An overhead view of a street festival
Twice a year, Dovetail hosts a street festival with its neighbor Begyle Brewing to raise money for the food pantry The Friendship Center. Credit: Dovetail Brewery/Steph Byce

It’s this quiet focus on niche, difficult-to-master beers that garnered Dovetail a spot on the national beverage publication Punch’s ten best craft breweries this year – that, and their interest in service traditions.

The brewery’s first foray into a special service was in 2019 with a “Kölsch Night,” modeled after how the easy-to-drink ale is served in its native Cologne. (Kölsch may be an ale, but it adopts some aspects of lager production.) Kölsch is the only beer you’ll get, and you don’t go to the bar for refills. Rather, servers walk around carrying a circular tray called a kranz or wreath filled with full, slender glasses. If you don’t have kölsch in front of you, they’ll set down a full glass, take away the empty, and make a mark on your coaster. The beer will keep coming until you place the coaster on top of your glass, at which point the marks are tallied up for you to pay. (You can order a kranz of kölsch any time at Dovetail, not just on Kölsch Night.)

While the servers at Dovetail might be a bit friendlier than the gruff ones you’ll encounter in Cologne, the brewery has done its best to serve an approximation of the beer you would get there. “One of the highest compliments that you can get here at Dovetail is when a European comes in and says, ‘This reminds me of home,’” as a native of Cologne once did, says Jenny Pfäfflin, a brewer and marketing and creative manager at Dovetail who is responsible for many of the special service events.

While those events draw crowds, the biggest happenings of Dovetail’s year are the Festiversaries that they host with their neighbor Begyle in May and October. The annual festivals, with their food trucks, music stages, and, of course, beer, are entirely organized by the two breweries without help from an outside production company. All of the proceeds from the suggested donation entrance fee benefit The Friendship Center, which has translated the funds raised since the first Festiversary in 2018 into over 2.1 million meals for people facing hunger, according to executive director Justin Block. “The Friendship Center couldn’t have supported the almost 50,000 folks in 2023 [that we did] without this partnership,” he says.

“It’s really humbling to be able to provide this kind of thing to The Friendship Center, because food insecurity is something that’s unfortunately just always going to be part of our community,” says Pfäfflin.
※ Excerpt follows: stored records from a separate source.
-- ===== src/Connectors/Grants/Table.antt =====
-- The grant table and its operations: src-tauri/src/connectors/grants.rs, `impl Grants`.
-- A method on `&mut self` returns the new table; what it changed before an error stays changed.
use Prim.Native.String.{compare}
use text.Mathlib.Text.{is_le}
use desktop_ai_dashboard.Prelude.{
  ℤ, pos, String, Bool, not, ◌||◌, ◌&&◌, none, some, List, [], ◌∷◌, ◌++◌, map, ◌==◌, string_eq,
  nat_eq, leb, leb_ℤ, ltb_ℤ, later, any, contains, length, retain, is_some_and, AppResult, ok, err,
  ◌>>=◌, ◌>>◌, reject_if, ok_or, if◌then◌else◌, AppError,
}
use desktop_ai_dashboard.Prelude.Maps.{get, contains_key, insert, remove}
use desktop_ai_dashboard.Host.{Host}
use desktop_ai_dashboard.Connectors.Status.{ConnectorStatus}
use desktop_ai_dashboard.Connectors.Grants.Types.{
  operation_eq, category, scope_allowed, GrantRequest, ConnectorGrant, RuntimeReadContext, Token,
  ActiveRead, RunFence, Grants, denied, too_many_grants, cancellations_full, read_pending,
  max_grant_ms, max_read_ms, max_grants, max_cancelled_runs,
}
use desktop_ai_dashboard.Connectors.Grants.Requests.{identity, validate_id, timestamp, validate}

-- `connector_stale` of lifecycle.rs.
abbrev pub stale_read : AppError
stale_read = record {
  code = "connector_stale";
  message = "This connector action is no longer active.";
}

-- `active.retain(|_, read| if ends(read) { read.cancel.cancel(); false } else { true })`.
unfoldable pub end_reads : (ActiveRead → Bool) → Grants → Grants
end_reads ends s = record s {
  active = retain (λ e. not (ends e.1)) s.active;
  cancelled = map (λ e. e.1.cancel) (retain (λ e. ends e.1) s.active) ++ s.cancelled;
}

unfoldable pub revoke : String → Grants → Grants
revoke id s = end_reads (λ r. r.context.grant_id == id) (record s { items = remove id s.items })

unfoldable pub revoke_all : List String → Grants → Grants
revoke_all [] s = s
revoke_all (id ∷ ids) s = revoke_all ids (revoke id s)

-- The read of a connection, `active.get(connection)`, is taken out and its token cancelled.
unfoldable pub revoke_connection : String → Grants → Grants
revoke_connection connection s =
    let items = retain (λ e. not (e.1.scope.connection_id == connection)) s.items in
    elim (get connection s.active) [
      | none ↦ record s { items = items }
      | some read ↦ record s {
        items = items;
        active = remove connection s.active;
        cancelled = read.cancel ∷ s.cancelled;
      }
    ]

unfoldable pub finish : String → String → Grants → Grants
finish connection id s =
    if is_some_and (get connection s.active) (λ read. read.id == id)
    then record s { active = remove connection s.active }
    else s

abbrev pub same_run : String → String → RunFence → Bool
same_run workspace run f = f.workspace == workspace && f.run == run

abbrev pub is_fenced : String → String → List RunFence → Bool
is_fenced workspace run fences = any (same_run workspace run) fences

-- `grants.sort_by(|a, b| a.grant_id.cmp(&b.grant_id))`, a stable sort.
unfoldable pub place : ConnectorGrant → List ConnectorGrant → List ConnectorGrant
place g [] = g ∷ []
place g (h ∷ hs) = if is_le (compare g.grant_id h.grant_id) then g ∷ h ∷ hs else h ∷ place g hs

unfoldable pub sort_grants : List ConnectorGrant → List ConnectorGrant
sort_grants [] = []
sort_grants (g ∷ gs) = place g (sort_grants gs)

abbrev pub grant_of : String → GrantRequest → ConnectorGrant
grant_of id request = record { grant_id = id; generation = 1; scope = request }

-- The disjunction of `check` up to the expiry of the grant.
unfoldable pub refused : RuntimeReadContext → ConnectorGrant → ℤ → ℤ → Bool
refused context grant expires now =
    let scope = grant.scope in
    not (context.generation == grant.generation)
    || not (scope.workspace_id == context.workspace_id)
    || not (scope.device_id == context.device_id)
    || not (scope.connection_id == context.connection_id)
    || not (scope.egress.runtime_origin == context.runtime_origin)
    || not (scope.egress.model_origin == context.model_origin)
    || not (contains scope.operations context.operation)
    || not (any (λ c. c == category context.operation) scope.egress.data_categories)
    || not scope.account_read_consented
    || not scope.egress.consented
    || leb_ℤ expires now
    || ltb_ℤ (later now max_read_ms) expires

-- `r.id == id && !r.cancel.is_cancelled()`.
abbrev pub is_live : String → List Token → ActiveRead → Bool
is_live id cancelled read = read.id == id && not (contains cancelled read.cancel)

abbrev pub in_run : String → String → ActiveRead → Bool
in_run workspace run r = r.context.workspace_id == workspace && r.context.run_id == run

-- `cancelled_runs.insert((workspace, run), now + MAX_GRANT_SECONDS * 1000)`.
abbrev pub fence_run : String → String → ℤ → List RunFence → List RunFence
fence_run workspace run now fences =
    record { workspace = workspace; run = run; until = later now max_grant_ms }
    ∷ retain (λ f. not (same_run workspace run f)) fences

module _ (host : Host) where
  -- `timestamp(..).unwrap_or(0) <= now`.
  unfoldable pub lapsed : ℤ → String → Bool
  lapsed now expires_at = elim (timestamp host expires_at) [
    | ok t ↦ leb_ℤ t now
    | err e ↦ leb_ℤ (pos 0) now
  ]

  unfoldable pub expire : ℤ → Grants → Grants
  expire now s =
      let expired = map (λ e. e.0) (retain (λ e. lapsed now e.1.scope.expires_at) s.items) in
      let t = revoke_all expired s in
      end_reads (λ r. lapsed now r.context.expires_at)
        (record t { cancelled_runs = retain (λ f. ltb_ℤ now f.until) t.cancelled_runs })

  -- What `register` decides after `expire`.
  unfoldable pub admit : GrantRequest → ConnectorStatus → ℤ → Grants → AppResult (Unit {0})
  admit request status now s = do
    validate host request now
    reject_if
        (not (status.id == request.connection_id)
          || not (status.provider == "google")
          || any (λ op. not (scope_allowed op status.scopes)) request.operations)
        denied
    reject_if (leb max_grants (length s.items)) too_many_grants

  -- `fresh` is the identifier that `Uuid::new_v4` yields.
  unfoldable pub register :
      GrantRequest → ConnectorStatus → ℤ → String → Grants → Grants × AppResult ConnectorGrant
  register request status now fresh s =
      let t = expire now s in
      elim (admit request status now t) [
        | err e ↦ (t, err e)
        | ok _ ↦ (
          record t { items = insert fresh (grant_of fresh request) t.items },
          ok (grant_of fresh request),
        )
      ]

  unfoldable pub list_grants : ℤ → Grants → Grants × List ConnectorGrant
  list_grants now s = let t = expire now s in (t, sort_grants (map (λ e. e.1) t.items))

  -- What `check` decides after `expire`.
  unfoldable pub decide : RuntimeReadContext → ℤ → Grants → AppResult (Unit {0})
  decide context now s = do
    identity context.workspace_id
    identity context.run_id
    identity context.device_id
    validate_id host context.connection_id
    validate_id host context.grant_id
    expires ← timestamp host context.expires_at
    grant ← ok_or (get context.grant_id s.items) denied
    reject_if (refused context grant expires now) denied
    limit ← timestamp host grant.scope.expires_at
    reject_if
        (ltb_ℤ limit expires || is_fenced context.workspace_id context.run_id s.cancelled_runs)
        denied

  unfoldable pub check : RuntimeReadContext → ℤ → Grants → Grants × AppResult (Unit {0})
  check context now s = let t = expire now s in (t, decide context now t)

  -- `fresh` is a new read identifier, and `token` a new cancellation token.
  unfoldable pub begin :
      RuntimeReadContext → ℤ → String → Token → Grants → Grants × AppResult (String × Token)
  begin context now fresh token s =
      let t = expire now s in
      elim (decide context now t) [
        | err e ↦ (t, err e)
        | ok _ ↦ if contains_key context.connection_id t.active then (t, err read_pending) else (
          record t {
            active =
                insert context.connection_id
                  (record { id = fresh; context = context; cancel = token }) t.active;
          },
          ok (fresh, token),
        )
      ]

  unfoldable pub check_read :
      RuntimeReadContext → String → ℤ → Grants → Grants × AppResult (Unit {0})
  check_read context id now s =
      let t = expire now s in
      (
        t,
        (do
          decide context now t
          reject_if
              (not (is_some_and (get context.connection_id t.active) (is_live id t.cancelled)))
              stale_read),
      )

  unfoldable pub cancel_run : String → String → ℤ → Grants → Grants × AppResult (Unit {0})
  cancel_run workspace run now s = elim (identity workspace >> identity run) [
    | err e ↦ (s, err e)
    | ok _ ↦
        let t = expire now s in
        if leb max_cancelled_runs (length t.cancelled_runs)
        then (
          revoke_all (map (λ e. e.0) (retain (λ e. e.1.scope.workspace_id == workspace) t.items)) t,
          err cancellations_full,
        )
        else (
          end_reads (in_run workspace run)
              (record t { cancelled_runs = fence_run workspace run now t.cancelled_runs }),
          ok tt,
        )
  ]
She came to Dovetail not just out of a shared beer geekiness – engage Pfäfflin or Dost on Czech lagers or types of hops and they become as bubbly in their enthusiasm as their pilsner is in effervescence – but also because of the brewery’s attention to service. “There’s this one Czech proverb that goes, ‘It’s the brewer that makes the beer, but it’s the bartender that completes it,’” she says. “That philosophy is definitely put into place here as well. That beer is not ready until it’s in front of the customer, and people like [Dovetail bartenders] Tim and Daniel are equally a part of this process. It sounds corny, but we’re all involved with this beer.”